### Data:
*** Block opens ***

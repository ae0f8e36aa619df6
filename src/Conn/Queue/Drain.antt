-- ===== src/Conn/Queue/Drain.antt =====
-- The order in which packets leave a transmission queue.
use streamsync.Base.{
  ℕ, zero, suc, ◌+◌, ◌≤◌, ◌≡◌, refl, ap, arith, none, some, List, [], ◌∷◌, ◌++◌, length,
}
use streamsync.Conn.Queue.{TransmissionQueue, pop}
use streamsync.Packet.{Packet}

-- The packets of `n` calls of `pop`.
pub drain : ℕ → TransmissionQueue → List Packet
drain zero q = []
drain (suc n) q = elim (pop q) [ none ↦ [] | some (p, rest) ↦ p ∷ drain n rest ]

drain_queue :
    (n : ℕ) (ps : List Packet) → length ps ≤ n → drain n (record { queue = ps; prio = [] }) ≡ ps
unfolding drain pop
drain_queue zero [] h = refl
drain_queue zero (p ∷ ps) h = absurd (omega (arith, h))
drain_queue (suc n) [] h = refl
drain_queue (suc n) (p ∷ ps) h = ap (λ xs. p ∷ xs) (drain_queue n ps (omega (arith, h)))

-- Popping often enough gives every packet once: first those pushed with priority, then the others,
-- each in the order of their pushes.
pub drain_lem :
    (n : ℕ) (prio queue : List Packet)
    → length prio + length queue ≤ n
    → drain n (record { queue = queue; prio = prio }) ≡ prio ++ queue
unfolding drain pop
drain_lem n [] queue h = drain_queue n queue (omega (arith, h))
drain_lem zero (p ∷ prio) queue h = absurd (omega (arith, h))
drain_lem (suc n) (p ∷ prio) queue h = ap (λ xs. p ∷ xs) (drain_lem n prio queue (omega (arith, h)))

*** Block closes ***

None of the lines before the one containing "-- Popping often" belong in the answer; reproduce that line and all later lines of the records exactly.

### Your solution:
-- Popping often enough gives every packet once: first those pushed with priority, then the others,
-- each in the order of their pushes.
pub drain_lem :
    (n : ℕ) (prio queue : List Packet)
    → length prio + length queue ≤ n
    → drain n (record { queue = queue; prio = prio }) ≡ prio ++ queue
unfolding drain pop
drain_lem n [] queue h = drain_queue n queue (omega (arith, h))
drain_lem zero (p ∷ prio) queue h = absurd (omega (arith, h))
drain_lem (suc n) (p ∷ prio) queue h = ap (λ xs. p ∷ xs) (drain_lem n prio queue (omega (arith, h)))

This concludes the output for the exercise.